Task objective: Copy word for word, please, the lines of the entries below running from the one containing "collect_pallets-Everywhere P each []" to the one containing "try_from-IsNamed = try_from-Everywhere", both ends included.

== Segment start ==

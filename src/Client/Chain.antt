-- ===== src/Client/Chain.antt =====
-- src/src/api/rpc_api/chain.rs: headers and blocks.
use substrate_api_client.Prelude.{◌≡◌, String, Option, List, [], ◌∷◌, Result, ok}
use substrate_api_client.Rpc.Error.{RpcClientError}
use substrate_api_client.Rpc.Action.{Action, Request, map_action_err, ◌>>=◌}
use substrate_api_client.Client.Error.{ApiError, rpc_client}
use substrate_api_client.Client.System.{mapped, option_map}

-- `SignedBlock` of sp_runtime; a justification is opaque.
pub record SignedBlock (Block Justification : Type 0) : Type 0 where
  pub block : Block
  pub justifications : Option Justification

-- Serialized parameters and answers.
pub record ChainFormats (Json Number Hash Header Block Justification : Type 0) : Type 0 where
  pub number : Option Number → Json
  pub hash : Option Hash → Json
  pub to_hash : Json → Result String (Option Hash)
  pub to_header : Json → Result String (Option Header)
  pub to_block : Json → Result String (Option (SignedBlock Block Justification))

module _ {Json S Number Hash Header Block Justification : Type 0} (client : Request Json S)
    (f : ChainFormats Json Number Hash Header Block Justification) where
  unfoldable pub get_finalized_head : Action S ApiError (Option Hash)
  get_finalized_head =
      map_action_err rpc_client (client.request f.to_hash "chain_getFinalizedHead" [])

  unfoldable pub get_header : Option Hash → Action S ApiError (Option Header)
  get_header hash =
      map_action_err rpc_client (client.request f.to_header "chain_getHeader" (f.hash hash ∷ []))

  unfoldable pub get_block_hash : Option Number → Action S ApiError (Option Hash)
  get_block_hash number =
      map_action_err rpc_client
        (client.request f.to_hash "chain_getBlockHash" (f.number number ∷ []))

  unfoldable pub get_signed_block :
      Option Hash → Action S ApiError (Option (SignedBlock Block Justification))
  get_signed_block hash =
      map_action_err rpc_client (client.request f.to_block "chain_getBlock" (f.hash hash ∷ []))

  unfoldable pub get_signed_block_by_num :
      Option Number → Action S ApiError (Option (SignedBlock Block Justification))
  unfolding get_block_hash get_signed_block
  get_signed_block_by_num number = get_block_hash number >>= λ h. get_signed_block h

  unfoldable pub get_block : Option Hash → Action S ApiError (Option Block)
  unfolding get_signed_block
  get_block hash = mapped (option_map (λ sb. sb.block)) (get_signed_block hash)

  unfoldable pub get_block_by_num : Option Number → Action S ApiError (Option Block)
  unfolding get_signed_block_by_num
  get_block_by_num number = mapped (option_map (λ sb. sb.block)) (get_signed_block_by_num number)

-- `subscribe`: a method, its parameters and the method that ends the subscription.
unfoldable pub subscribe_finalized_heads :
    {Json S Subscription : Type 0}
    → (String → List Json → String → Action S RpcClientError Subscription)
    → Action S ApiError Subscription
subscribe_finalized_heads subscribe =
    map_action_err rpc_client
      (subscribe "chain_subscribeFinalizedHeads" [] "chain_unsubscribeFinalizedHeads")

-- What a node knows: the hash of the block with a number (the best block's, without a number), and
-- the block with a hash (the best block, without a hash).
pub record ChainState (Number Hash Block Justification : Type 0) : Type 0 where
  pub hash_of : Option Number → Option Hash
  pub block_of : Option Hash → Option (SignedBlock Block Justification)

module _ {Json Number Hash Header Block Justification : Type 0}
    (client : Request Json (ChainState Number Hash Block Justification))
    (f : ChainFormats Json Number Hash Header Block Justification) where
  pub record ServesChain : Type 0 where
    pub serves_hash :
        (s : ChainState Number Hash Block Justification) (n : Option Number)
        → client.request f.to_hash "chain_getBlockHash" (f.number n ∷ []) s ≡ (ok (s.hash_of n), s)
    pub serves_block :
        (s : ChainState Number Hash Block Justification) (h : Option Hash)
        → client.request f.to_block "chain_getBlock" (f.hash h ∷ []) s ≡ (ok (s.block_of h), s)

== Segment end ==
== Segment start ==

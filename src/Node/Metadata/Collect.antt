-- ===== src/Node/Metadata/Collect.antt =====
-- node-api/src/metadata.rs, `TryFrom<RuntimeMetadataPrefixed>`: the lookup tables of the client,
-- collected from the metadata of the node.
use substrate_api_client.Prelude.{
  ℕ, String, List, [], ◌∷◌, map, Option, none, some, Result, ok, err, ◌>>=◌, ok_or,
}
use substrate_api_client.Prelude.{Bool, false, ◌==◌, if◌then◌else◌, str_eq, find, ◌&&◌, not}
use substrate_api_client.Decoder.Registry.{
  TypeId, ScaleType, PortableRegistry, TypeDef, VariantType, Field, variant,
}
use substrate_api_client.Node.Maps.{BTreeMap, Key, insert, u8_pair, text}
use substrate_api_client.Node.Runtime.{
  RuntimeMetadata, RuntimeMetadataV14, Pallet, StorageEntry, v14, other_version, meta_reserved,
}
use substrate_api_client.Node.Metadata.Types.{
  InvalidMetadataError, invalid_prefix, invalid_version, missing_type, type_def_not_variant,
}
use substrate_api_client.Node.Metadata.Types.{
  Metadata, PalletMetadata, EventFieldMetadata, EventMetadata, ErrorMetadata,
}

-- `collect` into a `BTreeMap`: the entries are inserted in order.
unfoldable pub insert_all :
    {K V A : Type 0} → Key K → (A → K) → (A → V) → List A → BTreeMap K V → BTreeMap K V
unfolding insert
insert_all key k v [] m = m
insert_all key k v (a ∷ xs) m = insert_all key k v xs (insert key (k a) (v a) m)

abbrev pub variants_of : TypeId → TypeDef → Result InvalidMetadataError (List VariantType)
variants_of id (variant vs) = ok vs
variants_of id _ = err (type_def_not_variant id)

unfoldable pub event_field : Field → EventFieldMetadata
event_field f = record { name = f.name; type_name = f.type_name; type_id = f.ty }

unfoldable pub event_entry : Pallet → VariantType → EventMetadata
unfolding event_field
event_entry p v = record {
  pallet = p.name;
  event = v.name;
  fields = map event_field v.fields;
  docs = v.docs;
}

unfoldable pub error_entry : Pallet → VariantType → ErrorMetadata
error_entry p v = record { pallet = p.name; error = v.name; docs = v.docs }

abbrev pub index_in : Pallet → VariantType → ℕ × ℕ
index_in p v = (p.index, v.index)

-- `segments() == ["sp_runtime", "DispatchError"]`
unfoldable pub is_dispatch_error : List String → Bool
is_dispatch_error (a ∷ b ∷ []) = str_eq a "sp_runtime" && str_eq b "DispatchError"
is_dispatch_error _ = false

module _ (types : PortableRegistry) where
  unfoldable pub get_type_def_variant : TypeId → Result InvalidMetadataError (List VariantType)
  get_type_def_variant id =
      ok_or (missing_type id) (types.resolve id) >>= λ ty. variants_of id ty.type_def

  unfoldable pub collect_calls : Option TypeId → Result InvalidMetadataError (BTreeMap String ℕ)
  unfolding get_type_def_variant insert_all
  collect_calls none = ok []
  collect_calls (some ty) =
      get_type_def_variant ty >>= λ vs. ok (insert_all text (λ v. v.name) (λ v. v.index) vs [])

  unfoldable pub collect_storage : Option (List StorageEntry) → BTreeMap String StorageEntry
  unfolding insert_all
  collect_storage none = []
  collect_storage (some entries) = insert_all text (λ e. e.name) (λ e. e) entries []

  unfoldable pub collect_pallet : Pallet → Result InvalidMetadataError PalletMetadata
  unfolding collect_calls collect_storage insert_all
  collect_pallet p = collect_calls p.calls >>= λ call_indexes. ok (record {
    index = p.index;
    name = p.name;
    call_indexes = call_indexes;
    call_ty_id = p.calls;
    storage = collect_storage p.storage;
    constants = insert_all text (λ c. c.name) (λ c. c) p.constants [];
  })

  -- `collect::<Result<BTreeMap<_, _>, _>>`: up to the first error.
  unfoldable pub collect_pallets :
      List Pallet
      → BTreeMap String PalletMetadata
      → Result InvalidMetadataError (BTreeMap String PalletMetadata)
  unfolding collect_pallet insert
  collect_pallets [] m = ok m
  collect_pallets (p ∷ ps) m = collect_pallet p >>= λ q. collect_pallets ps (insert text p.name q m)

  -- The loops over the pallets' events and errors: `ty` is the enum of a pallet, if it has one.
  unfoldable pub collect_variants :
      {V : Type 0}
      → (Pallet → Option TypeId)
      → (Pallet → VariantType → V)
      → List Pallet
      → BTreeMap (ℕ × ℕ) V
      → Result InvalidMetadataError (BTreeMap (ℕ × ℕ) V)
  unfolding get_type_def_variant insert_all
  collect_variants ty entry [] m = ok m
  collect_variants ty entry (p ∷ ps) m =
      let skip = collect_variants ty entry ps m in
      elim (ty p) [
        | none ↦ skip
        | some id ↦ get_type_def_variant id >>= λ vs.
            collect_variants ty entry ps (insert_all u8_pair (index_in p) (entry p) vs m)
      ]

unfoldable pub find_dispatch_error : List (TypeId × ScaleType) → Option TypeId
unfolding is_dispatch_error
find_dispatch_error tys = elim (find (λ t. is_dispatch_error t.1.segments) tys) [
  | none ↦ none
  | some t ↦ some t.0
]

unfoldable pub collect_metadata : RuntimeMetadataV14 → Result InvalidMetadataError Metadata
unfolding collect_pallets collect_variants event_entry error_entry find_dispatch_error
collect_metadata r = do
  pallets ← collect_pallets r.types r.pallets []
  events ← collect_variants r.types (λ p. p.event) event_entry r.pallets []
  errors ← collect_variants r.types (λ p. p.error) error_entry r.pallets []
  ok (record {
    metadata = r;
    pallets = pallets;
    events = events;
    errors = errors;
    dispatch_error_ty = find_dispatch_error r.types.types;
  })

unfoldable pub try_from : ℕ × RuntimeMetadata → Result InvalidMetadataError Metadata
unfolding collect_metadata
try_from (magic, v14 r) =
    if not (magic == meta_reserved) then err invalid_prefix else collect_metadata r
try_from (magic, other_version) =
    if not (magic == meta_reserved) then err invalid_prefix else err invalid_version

== Segment end ==
== Segment start ==

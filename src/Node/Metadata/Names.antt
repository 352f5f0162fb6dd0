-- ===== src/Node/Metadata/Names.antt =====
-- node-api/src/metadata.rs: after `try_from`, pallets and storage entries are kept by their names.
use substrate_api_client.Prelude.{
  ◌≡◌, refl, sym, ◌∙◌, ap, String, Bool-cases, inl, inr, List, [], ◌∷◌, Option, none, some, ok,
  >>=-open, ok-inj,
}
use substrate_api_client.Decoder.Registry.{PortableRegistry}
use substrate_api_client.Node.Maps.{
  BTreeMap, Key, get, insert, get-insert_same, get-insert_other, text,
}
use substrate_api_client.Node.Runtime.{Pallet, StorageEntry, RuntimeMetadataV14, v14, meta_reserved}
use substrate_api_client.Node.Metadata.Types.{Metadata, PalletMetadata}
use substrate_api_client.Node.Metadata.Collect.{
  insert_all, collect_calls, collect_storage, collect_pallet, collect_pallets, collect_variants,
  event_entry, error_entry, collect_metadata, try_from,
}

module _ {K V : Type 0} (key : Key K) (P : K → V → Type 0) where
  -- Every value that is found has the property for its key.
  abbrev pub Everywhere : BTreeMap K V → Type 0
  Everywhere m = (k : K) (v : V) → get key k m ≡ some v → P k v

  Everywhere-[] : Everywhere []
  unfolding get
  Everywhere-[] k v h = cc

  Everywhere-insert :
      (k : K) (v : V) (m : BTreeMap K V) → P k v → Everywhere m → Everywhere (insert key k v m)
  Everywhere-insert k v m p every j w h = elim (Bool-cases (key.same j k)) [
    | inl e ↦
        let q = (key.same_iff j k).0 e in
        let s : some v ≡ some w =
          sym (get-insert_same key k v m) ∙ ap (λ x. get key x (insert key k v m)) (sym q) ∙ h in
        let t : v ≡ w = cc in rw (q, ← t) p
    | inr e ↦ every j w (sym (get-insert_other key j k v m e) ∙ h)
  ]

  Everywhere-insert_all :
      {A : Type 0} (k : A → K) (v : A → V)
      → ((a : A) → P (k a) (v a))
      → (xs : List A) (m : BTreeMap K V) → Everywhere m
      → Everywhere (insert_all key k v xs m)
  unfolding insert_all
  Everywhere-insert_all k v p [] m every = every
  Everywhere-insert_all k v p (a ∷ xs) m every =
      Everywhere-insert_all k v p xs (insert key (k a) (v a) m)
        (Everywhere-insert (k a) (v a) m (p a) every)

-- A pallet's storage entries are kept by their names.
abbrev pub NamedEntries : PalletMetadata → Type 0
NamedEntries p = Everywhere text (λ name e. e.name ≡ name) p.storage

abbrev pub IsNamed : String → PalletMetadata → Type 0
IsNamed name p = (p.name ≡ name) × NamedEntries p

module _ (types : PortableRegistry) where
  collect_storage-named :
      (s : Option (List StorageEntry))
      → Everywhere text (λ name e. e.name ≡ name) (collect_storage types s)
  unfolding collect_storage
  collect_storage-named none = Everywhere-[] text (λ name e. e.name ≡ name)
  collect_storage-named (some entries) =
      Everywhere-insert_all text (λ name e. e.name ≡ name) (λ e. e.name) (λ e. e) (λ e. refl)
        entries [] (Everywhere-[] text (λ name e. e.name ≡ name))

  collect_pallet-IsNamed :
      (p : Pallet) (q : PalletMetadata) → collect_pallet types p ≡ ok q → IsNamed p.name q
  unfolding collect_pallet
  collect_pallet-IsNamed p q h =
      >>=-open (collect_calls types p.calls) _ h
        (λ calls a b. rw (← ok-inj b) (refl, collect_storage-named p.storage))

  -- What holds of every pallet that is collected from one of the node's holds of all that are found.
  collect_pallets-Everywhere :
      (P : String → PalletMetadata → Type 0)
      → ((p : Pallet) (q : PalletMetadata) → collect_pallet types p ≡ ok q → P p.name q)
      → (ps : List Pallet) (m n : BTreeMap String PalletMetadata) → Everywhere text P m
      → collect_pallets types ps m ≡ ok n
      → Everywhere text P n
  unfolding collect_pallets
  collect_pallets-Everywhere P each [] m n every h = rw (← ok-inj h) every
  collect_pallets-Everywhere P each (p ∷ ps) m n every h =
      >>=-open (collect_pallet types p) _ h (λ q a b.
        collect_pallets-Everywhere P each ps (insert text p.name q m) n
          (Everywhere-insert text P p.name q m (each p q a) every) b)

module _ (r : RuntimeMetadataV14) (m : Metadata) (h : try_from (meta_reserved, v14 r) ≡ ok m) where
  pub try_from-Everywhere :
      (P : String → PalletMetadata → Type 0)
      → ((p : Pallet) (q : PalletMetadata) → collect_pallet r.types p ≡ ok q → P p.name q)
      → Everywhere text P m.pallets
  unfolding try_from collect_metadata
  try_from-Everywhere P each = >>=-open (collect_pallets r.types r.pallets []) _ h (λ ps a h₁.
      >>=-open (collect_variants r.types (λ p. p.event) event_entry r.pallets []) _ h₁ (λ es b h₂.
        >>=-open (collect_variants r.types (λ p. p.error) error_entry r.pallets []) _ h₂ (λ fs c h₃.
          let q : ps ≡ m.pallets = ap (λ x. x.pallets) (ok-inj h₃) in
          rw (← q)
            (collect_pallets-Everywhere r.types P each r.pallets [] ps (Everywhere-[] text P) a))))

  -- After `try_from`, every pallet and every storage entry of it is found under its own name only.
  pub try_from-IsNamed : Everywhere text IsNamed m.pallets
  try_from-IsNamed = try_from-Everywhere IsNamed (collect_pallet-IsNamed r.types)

== Segment end ==

Task result:
  collect_pallets-Everywhere P each [] m n every h = rw (← ok-inj h) every
  collect_pallets-Everywhere P each (p ∷ ps) m n every h =
      >>=-open (collect_pallet types p) _ h (λ q a b.
        collect_pallets-Everywhere P each ps (insert text p.name q m) n
          (Everywhere-insert text P p.name q m (each p q a) every) b)

module _ (r : RuntimeMetadataV14) (m : Metadata) (h : try_from (meta_reserved, v14 r) ≡ ok m) where
  pub try_from-Everywhere :
      (P : String → PalletMetadata → Type 0)
      → ((p : Pallet) (q : PalletMetadata) → collect_pallet r.types p ≡ ok q → P p.name q)
      → Everywhere text P m.pallets
  unfolding try_from collect_metadata
  try_from-Everywhere P each = >>=-open (collect_pallets r.types r.pallets []) _ h (λ ps a h₁.
      >>=-open (collect_variants r.types (λ p. p.event) event_entry r.pallets []) _ h₁ (λ es b h₂.
        >>=-open (collect_variants r.types (λ p. p.error) error_entry r.pallets []) _ h₂ (λ fs c h₃.
          let q : ps ≡ m.pallets = ap (λ x. x.pallets) (ok-inj h₃) in
          rw (← q)
            (collect_pallets-Everywhere r.types P each r.pallets [] ps (Everywhere-[] text P) a))))

  -- After `try_from`, every pallet and every storage entry of it is found under its own name only.
  pub try_from-IsNamed : Everywhere text IsNamed m.pallets
  try_from-IsNamed = try_from-Everywhere IsNamed (collect_pallet-IsNamed r.types)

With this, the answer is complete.